Weitergabe von Patientendaten durch medizinische Fachangestellte

| Recht

Einen wichtigen Grund, der es rechtfertigt, das Arbeitsverhältnis einer medizinischen Fachangestellten (Arzthelferin) außerordentlich zu kündigen, stellt die Pflichtverletzung ihrer arbeitsvertraglichen Verschwiegenheitsverpflichtung dadurch dar, sie Patientendaten an eine nicht berechtigte Person weitergibt.

Einen wichtigen Grund, der es rechtfertigt, das Arbeitsverhältnis einer medizinischen Fachangestellten (Arzthelferin) außerordentlich zu kündigen, stellt die Pflichtverletzung ihrer arbeitsvertraglichen Verschwiegenheitsverpflichtung dadurch dar, sie Patientendaten an eine nicht berechtigte Person weitergibt.


Die Schwere eines solchen Vertragsverstoßes kann eine Abmahnung der Fachangestellten entbehrlich machen, weil sich das Vertrauen des Arbeitgebers in die Diskretion der Fachangestellten nicht wiederherstellen lässt.
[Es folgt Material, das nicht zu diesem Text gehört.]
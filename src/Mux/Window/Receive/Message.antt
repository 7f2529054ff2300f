-- ===== src/Mux/Window/Receive/Message.antt =====
-- How much Read of receiveWindow (lib/nps_mux/conn.go) hands over: up to the end of a message, which
-- is a frame that has no part behind it.
use nps.Prelude.{
  ℕ, zero, suc, ◌-◌, ◌<◌, ◌≡◌, refl, sym, ap, ◌∙◌, min, List, [], ◌∷◌, ◌++◌, Option, none, some,
  true, false, ◌&&◌, ◌⊎◌, length, take, drop, ltb, ◌==◌, arith, inl, inr, if_both, if◌then◌else◌,
  append-nil, length-drop, Bool-cases,
}
use nps.Mux.Window.{u31_mod}
use nps.Mux.Window.Send.{Frame}
use nps.Mux.Window.Receive.Queue.{ReceiveQueue}
use nps.Mux.Window.Receive.Queue
use nps.Mux.Window.Receive.{
  ReceiveWindow, Read, returned, waiting, copy_from, copied, read_elements, read_current, read,
}
use nps.Mux.Window.Receive.Load.{unread, load, IsLive}
use nps.Mux.Window.Receive.Copying.{Reads}
use nps.Mux.Window.Receive.Reading.{read-Reads}
use nps.Mux.Window.Receive.HalfClosed.{copy_from-queue}
use nps.Mux.Window.Receive.Draining.{IsDry, IsFed, read-IsDry, read-IsFed}

-- The bytes up to the end of the message, or of what has come of it.
abbrev pub message : List Frame → List ℕ
message [] = []
message (e ∷ es) = e.buf ++ (if e.part then message es else [])

abbrev pub message_from : Option Frame → ℕ → List Frame → List ℕ
message_from none off es = message es
message_from (some e) off es =
    if off == length e.buf
    then message es
    else drop off e.buf ++ (if e.part then message es else [])

abbrev pub next_message : ReceiveWindow → List ℕ
next_message w = message_from w.element w.off w.queue.items

-- Taking over the end of the first of two lists.
take-past :
    (n m k : ℕ) (xs ys : List ℕ)
    → m ≡ min n (length xs)
    → k ≡ n - m
    → take n (xs ++ ys) ≡ take m xs ++ take k ys
take-past n zero k [] ys h h' = ap (λ j. take j ys) (omega (arith, h'))
take-past n (suc m) k [] ys h h' = absurd (omega (arith, h))
take-past zero zero zero (x ∷ xs) ys h h' = refl
take-past zero zero (suc k) (x ∷ xs) ys h h' = absurd (omega (arith, h'))
take-past zero (suc m) k (x ∷ xs) ys h h' = absurd (omega (arith, h))
take-past (suc n) zero k (x ∷ xs) ys h h' = absurd (omega (arith, h))
take-past (suc n) (suc m) k (x ∷ xs) ys h h' =
    ap (◌∷◌ x) (take-past n m k xs ys (omega (arith, h)) (omega (arith, h')))

copied-length :
    (off : ℕ) (e : Frame) (room : ℕ)
    → min room (length e.buf - off) ≡ min room (length (drop off e.buf))
copied-length off e room = omega (arith, length-drop off e.buf)

-- The room is used up, or the message ends with the element.
copied-all :
    (off : ℕ) (e : Frame) (room left : ℕ) (more : List ℕ)
    → left ≡ room - min room (length e.buf - off)
    → (ltb 0 left && e.part) ≡ false
    → copied off e room ≡ take room (drop off e.buf ++ (if e.part then more else []))
copied-all off e room left more h stop = sym (
    take-past room (min room (length e.buf - off)) left (drop off e.buf)
      (if e.part then more else []) (copied-length off e room) h
    ∙ ap (◌++◌ (copied off e room)) (
        nothing left (
          if_both (λ l. (left ≡ 0) ⊎ (l ≡ [])) e.part (λ h. inl (ground (arith, stop, h)))
            (λ h. inr refl)))
    ∙ append-nil (copied off e room))
  where
    nothing : (k : ℕ) → {l : List ℕ} → (k ≡ 0) ⊎ (l ≡ []) → take k l ≡ []
    nothing k (inl e) = rw e refl
    nothing zero (inr e) = refl
    nothing (suc k) (inr e) = rw e refl

-- There is room for more of the message.
copied-on :
    (off : ℕ) (e : Frame) (room left : ℕ) (more bytes : List ℕ)
    → left ≡ room - min room (length e.buf - off)
    → (ltb 0 left && e.part) ≡ true
    → bytes ≡ take left more
    → copied off e room ++ bytes ≡ take room (drop off e.buf ++ (if e.part then more else []))
copied-on off e room left more bytes h on same = sym (
    take-past room (min room (length e.buf - off)) left (drop off e.buf)
      (if e.part then more else []) (copied-length off e room) h
    ∙ ap (◌++◌ (copied off e room)) (
        if_both (λ l. take left l ≡ bytes) e.part (λ h. sym same)
          (λ h. absurd (ground (arith, on, h)))))

more_room :
    (room : ℕ) (e : Frame)
    → (ltb (min room (length e.buf)) room && e.part)
      ≡ (ltb 0 (room - min room (length e.buf)) && e.part)
more_room room e = ap (λ b. b && e.part) (ground arith)

take-nil : (n : ℕ) → take {A = ℕ} n [] ≡ []
take-nil zero = refl
take-nil (suc n) = refl

read_elements-message :
    (es : List Frame) (w : ReceiveWindow) (room : ℕ)
    → (read_elements es w room).bytes ≡ take room (message es)
unfolding read_elements
read_elements-message [] w room = sym (take-nil room)
read_elements-message (e ∷ es) w room =
    let opened = record w { queue = Queue.popped w.queue e es; element = some e; off = 0 } in
    let left = room - min room (length e.buf) in
    let rest = read_elements-message es (copy_from opened e room).0 left in
    if_both (λ (r : Read). r.bytes ≡ take room (message (e ∷ es)))
      (ltb (min room (length e.buf)) room && e.part)
      (λ on.
        copied-on 0 e room left (message es) _ (omega arith) (sym (more_room room e) ∙ on) rest)
      (λ stop. copied-all 0 e room left (message es) (omega arith) (sym (more_room room e) ∙ stop))

read_current-message :
    (o : Option Frame) (w : ReceiveWindow) (room : ℕ)
    → (read_current o w room).bytes ≡ take room (message_from o w.off w.queue.items)
unfolding read_current
read_current-message none w room = read_elements-message w.queue.items w room
read_current-message (some e) w room =
    let left = room - min room (length e.buf - w.off) in
    elim (Bool-cases (w.off == length e.buf)) [
      | inl done ↦ rw done (read_elements-message w.queue.items w room)
      | inr unfinished ↦ rw unfinished (
          if_both
            (λ (r : Read).
              r.bytes
              ≡ take room (drop w.off e.buf ++ (if e.part then message w.queue.items else [])))
            (ltb 0 left && e.part)
            (λ on.
              copied-on w.off e room left (message w.queue.items) _ refl on
                (read_elements-message w.queue.items (copy_from w e room).0 left))
            (λ stop. copied-all w.off e room left (message w.queue.items) refl stop))
    ]

-- How a read of a window that is not stopped ends.
abbrev Returns : Read → Type 0
Returns r = (r.ending ≡ returned) ⊎ (r.ending ≡ waiting)

read_elements-Returns :
    (es : List Frame) (w : ReceiveWindow) (room : ℕ)
    → w.queue.stopped ≡ false
    → Returns (read_elements es w room)
unfolding read_elements Queue.popped
read_elements-Returns [] w room going = rw going (inr refl)
read_elements-Returns (e ∷ es) w room going =
    let opened = record w { queue = Queue.popped w.queue e es; element = some e; off = 0 } in
    if_both Returns (ltb (min room (length e.buf)) room && e.part)
      (λ h.
        read_elements-Returns es (copy_from opened e room).0 (room - min room (length e.buf))
          (ap (λ (q : ReceiveQueue). q.stopped) (copy_from-queue opened e room) ∙ going))
      (λ h. inl refl)

read_current-Returns :
    (o : Option Frame) (w : ReceiveWindow) (room : ℕ)
    → w.queue.stopped ≡ false
    → Returns (read_current o w room)
unfolding read_current
read_current-Returns none w room going = read_elements-Returns w.queue.items w room going
read_current-Returns (some e) w room going =
    let left = room - min room (length e.buf - w.off) in
    if_both Returns (w.off == length e.buf) (λ h. read_elements-Returns w.queue.items w room going)
      λ h.
        if_both Returns (ltb 0 left && e.part)
          (λ h.
            read_elements-Returns w.queue.items (copy_from w e room).0 left
              (ap (λ (q : ReceiveQueue). q.stopped) (copy_from-queue w e room) ∙ going))
          (λ h. inl refl)

-- What Read answers to a slice of `room` bytes.
pub record Answers (w : ReceiveWindow) (room : ℕ) (r : Read) : Type 0 where
  pub reads : Reads w r.window r.bytes r.credits
  pub amount : r.bytes ≡ take room (next_message w)
  pub ends :
      ((r.ending ≡ returned) × (0 < length r.bytes))
      ⊎ ((r.ending ≡ waiting) × (unread r.window ≡ []))

ends-by :
    (r : Read)
    → Returns r
    → IsDry r
    → IsFed r
    → ((r.ending ≡ returned) × (0 < length r.bytes))
      ⊎ ((r.ending ≡ waiting) × (unread r.window ≡ []))
ends-by r (inl e) dry (inl other) = absurd (other e)
ends-by r (inl e) dry (inr full) = inl (e, full)
ends-by r (inr e) (inl other) f = absurd (cc (sym e ∙ other))
ends-by r (inr e) (inr dry) f = inr (e, dry)

-- If a receive window is live, its load fits in 31 bits and the slice is not empty, Read hands
-- over the unread bytes up to the end of the message, or as many of them as the slice holds,
-- leaves a live window with the others in order, and keeps the load up to what it reports; it
-- returns with one byte at least, or it waits for a frame and no byte is unread.
pub read-Answers :
    (w : ReceiveWindow) (room : ℕ)
    → IsLive w
    → load w < u31_mod
    → 0 < room
    → Answers w room (read w room)
unfolding read
read-Answers w room v small some_room = record {
  reads = read-Reads w room v small;
  amount =
      if_both (λ (r : Read). r.bytes ≡ take room (next_message w)) w.closed
        (λ h. absurd (cc (v.is_open.0, h))) (λ h. read_current-message w.element w room);
  ends =
      ends-by (read w room)
        (if_both Returns w.closed (λ h. absurd (cc (v.is_open.0, h)))
          (λ h. read_current-Returns w.element w room v.is_open.2))
        (read-IsDry w room v.is_open.0) (read-IsFed w room some_room v);
}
Die ärztliche Schweigepflicht gehört zu den unumstößlichen und am höchsten geschützten Rechtsgütern der ärztlichen Berufsausübung. Sie findet ihren Ursprung im Eid des Hippokrates: „Was ich bei der Behandlung oder auch außerhalb meiner Praxis im Umgang mit Menschen sehe und höre, das man nicht weiterreden darf, werde ich verschweigen und als Geheimnis bewahren.“    
Dieser Grundsatz ist in den jeweiligen Heilberufegesetzen der Länder verankert, und hat über § 9 der Musterberufsordnung (MBO) Eingang in die landesrechtlichen Berufsordnungen gefunden. Selbstverständlich kann der Regelungsbereich nicht beim Behandler selbst enden. Vielmehr muss er sich auch auf das von ihm angestellte Fachpersonal beziehen. So müssen nach § 9 Abs. 3 MBO-Ä Ärzte auch ihre Mitarbeiter über die gesetzliche Pflicht zur Verschwiegenheit belehren. Hierzu gehören sämtliche medizinische Fachangestellte (MFA), wie Arzthelfer(innen), Krankenschwestern, medizinisch-technische Assistenten, Pflegekräfte und Sprechstundenhilfen, nicht jedoch Reinigungskräfte.


Die arbeitsrechtlichen Konsequenzen unterliegen einer zweistufigen Prüfung:
a.    Liegt an sich ein wichtiger Grund für eine fristlose Kündigung vor?
b.    Abwägung zwischen den Interessen des Arbeitgebers und des Arbeitnehmers


Zu a. Das Gesetz kennt keine absoluten Kündigungsgründe. Vielmehr ist in jedem Einzelfall zu prüfen, ob der Sachverhalt geeignet ist, einen wichtigen Grund abzugeben. In der Regel erblicken die Landesarbeitsgerichte an sich einen wichtigen Grund in der Weitergabe von Patientendaten.


Zu b. Im Urteilsfall LAG Baden-Württemberg hatte eine MFA Name und zu untersuchenden Körperbereich der Patienten an ihre Tochter weitergeleitet, obwohl ihr dies aufgrund ihres Arbeitsvertrages ausdrücklich untersagt war. Hier nahm das LAG einen schwerwiegenden, nicht reparablen Vertrauensverstoß an. In einem Urteilsfall des LAG Berlin-Brandenburg hatte eine Krankenschwester einer Frühchen-Station ein sogen. Selfie mit einem später verstorbenen Frühchen angefertigt und bei Facebook gepostet. Hier nahm das LAG die Abwägung in der Weise vor, dass es forderte, dass der Arbeitgeber zunächst hätte abmahnen müssen. Die Arbeitnehmerin habe zwar gegen die Verschwiegenheit verstoßen, aber weder in böser Absicht gehandelt, noch seien Arbeitgeber oder Patient identifizierbar gewesen. Es sei anzunehmen, dass sie aufgrund einer Abmahnung derartige Verstöße unterlasse.  


LAG Baden-Württemberg, Urteil vom 11.11.2016 – 12 Sa 22/16, rkr.